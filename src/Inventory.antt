-- ===== src/Inventory.antt =====
-- internal/inventory: asset IDs and the severity ladder.
pub mod AssetId
pub mod Row
pub mod Ladder
pub mod Diff
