-- ===== src/Lib.antt =====
-- QPHi, a C library for network programs: models of its core, with the theorems that make it correct.
--
-- The program. src/core/ has memory (a singly linked list and a doubly linked queue that are threaded
-- through the objects, a red-black tree), a pool of blocks of one size on the list, a manager of
-- pools, file descriptors, and locks. src/qp_tiny_stack.c parses network frames, one file of
-- src/qp_tiny_stack/ for each protocol. On these stand files, sockets, processes and the event loop.
--
-- The models.
-- * Common has what they share: the library's names, tests on numbers, lists measured by native
--   numbers, lists as sets, signed integers, and computations that may fault.
-- * Memory.Chain models `qp_list_t` of src/core/qp_memory_core.h. Addresses are numbers and the field
--   `next` is a function of them. An operation takes the field and returns it changed.
-- * Memory.Ring models `qp_queue_t` of the same header, with the fields `prev` and `next`; each function
--   is the source's sequence of assignments.
-- * Rbtree models `qp_rbtree_t` of src/core/qp_memory_core.c. Store has the fields of all nodes and the
--   root of each tree, as functions of the address; the tree at `rb` has its sentinel at `rb + 8`.
--   Each function is that of the same name behind `qp_rbtree_`, and one part of a long one has a
--   name of its own. Rbtree.Shape has the tree that the fields describe, Rbtree.Trail what is above a
--   place in it, Rbtree.Balance the rules of the colors, and IsRbtree of Rbtree.Settle all of them.
--   The repair after a deletion has a round for each side of the parent; Rbtree.Sides has what the two
--   share, with the fields `left` and `right` exchanged.
-- * Pool models `qp_pool_t` of src/core/qp_pool_core.c. Its memory is the fields `next` and `root` of
--   the elements, the pool's own fields by address, and the addresses that were given to `free`.
--   `pool_create` to `pool_free` are the functions qp_pool_create to qp_pool_free. What the allocator
--   returns is a parameter: the address of a new pool, and the address of a room by its size, 0 for a
--   failure. `size_t` is 64 bits wide. Pool.Invariant says when a memory holds a pool.
-- * File models the buffers of src/qp_file.c, `file_close`, `flush`, `track`, `write` and `read` being
--   the functions of the same names behind `qp_file_`. The kernel's answers to `write` and `read` are
--   a list, and a call that has used them up still waits. A memcpy that leaves a buffer, takes NULL or
--   copies between two ranges that overlap is a fault. A call with NULL for the file, which the source
--   refuses, is left out.
-- * TinyStack models the parser: `datalink_…`, `network_…` and `transmit_…` are the functions of the
--   same names behind `qp_stack_`, and `parse` is qp_stack_parse. A frame is the list of its bytes,
--   and a read behind its end is a fault, `none`. `len` is the caller's and may differ. A pointer into
--   the frame is an offset. The host is little-endian.
-- * Lock models qp_lock_lock, qp_lock_trylock and qp_lock_unlock of src/core/qp_ipc_core.c on a spin
--   lock. `advance` is one step of a thread, an access to one field of the lock, and `happen_all` runs
--   a sequence of calls and steps of any threads. The steps are sequentially consistent. A thread's
--   identity and process are the parameters `me` and `pid`. Lock.Recursive says what a call is to do.
-- * Io.Fd models qp_fd_create to qp_fd_close of src/core/qp_io_core.c. Each call is given what the
--   kernel or the allocator answers, and the world keeps what was closed and what was freed.
-- * Io.Transfer models qp_fd_writen and qp_fd_readn of src/core/qp_io_core.c. The kernel's answers are
--   a list; a loop that has used them up is still in a call, `none`.
--
-- Loops. The loop of `parse` runs once for each layer up to the level, at most three times, and its
-- fuel is that number. The loop of `pool_init` runs once for each element. The transfers' loops use
-- one answer of the kernel in each round, and Ends in Io.Transfer says which lists of answers are
-- enough. So do those of a file, and their theorems say how many answers are. The tree's loops are
-- given a number of rounds, and `none` says that they were not enough; one round more than the tree is
-- high is.
--
-- A call on the lock is run for eight of its own steps, the number that the longest one, the last
-- unlock, takes.
--
-- Not modelled: the vendored libraries under deps/, the tests, and what only calls the system. The
-- manager, locks on a mutex, the opening of files and locks on them, processes, sockets and events have
-- no model yet.
pub mod Common
pub mod Memory
pub mod Pool
pub mod Lock
pub mod Rbtree
pub mod Io
pub mod File
pub mod TinyStack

········

▶ _Problem statement_: Given the records above, reproduce precisely and only the lines between the line holding "size, 0 for a" and the line holding "-- enough. So", inclusive.

▶ _Response for this exercise_:
--   returns is a parameter: the address of a new pool, and the address of a room by its size, 0 for a
--   failure. `size_t` is 64 bits wide. Pool.Invariant says when a memory holds a pool.
-- * File models the buffers of src/qp_file.c, `file_close`, `flush`, `track`, `write` and `read` being
--   the functions of the same names behind `qp_file_`. The kernel's answers to `write` and `read` are
--   a list, and a call that has used them up still waits. A memcpy that leaves a buffer, takes NULL or
--   copies between two ranges that overlap is a fault. A call with NULL for the file, which the source
--   refuses, is left out.
-- * TinyStack models the parser: `datalink_…`, `network_…` and `transmit_…` are the functions of the
--   same names behind `qp_stack_`, and `parse` is qp_stack_parse. A frame is the list of its bytes,
--   and a read behind its end is a fault, `none`. `len` is the caller's and may differ. A pointer into
--   the frame is an offset. The host is little-endian.
-- * Lock models qp_lock_lock, qp_lock_trylock and qp_lock_unlock of src/core/qp_ipc_core.c on a spin
--   lock. `advance` is one step of a thread, an access to one field of the lock, and `happen_all` runs
--   a sequence of calls and steps of any threads. The steps are sequentially consistent. A thread's
--   identity and process are the parameters `me` and `pid`. Lock.Recursive says what a call is to do.
-- * Io.Fd models qp_fd_create to qp_fd_close of src/core/qp_io_core.c. Each call is given what the
--   kernel or the allocator answers, and the world keeps what was closed and what was freed.
-- * Io.Transfer models qp_fd_writen and qp_fd_readn of src/core/qp_io_core.c. The kernel's answers are
--   a list; a loop that has used them up is still in a call, `none`.
--
-- Loops. The loop of `parse` runs once for each layer up to the level, at most three times, and its
-- fuel is that number. The loop of `pool_init` runs once for each element. The transfers' loops use
-- one answer of the kernel in each round, and Ends in Io.Transfer says which lists of answers are
-- enough. So do those of a file, and their theorems say how many answers are. The tree's loops are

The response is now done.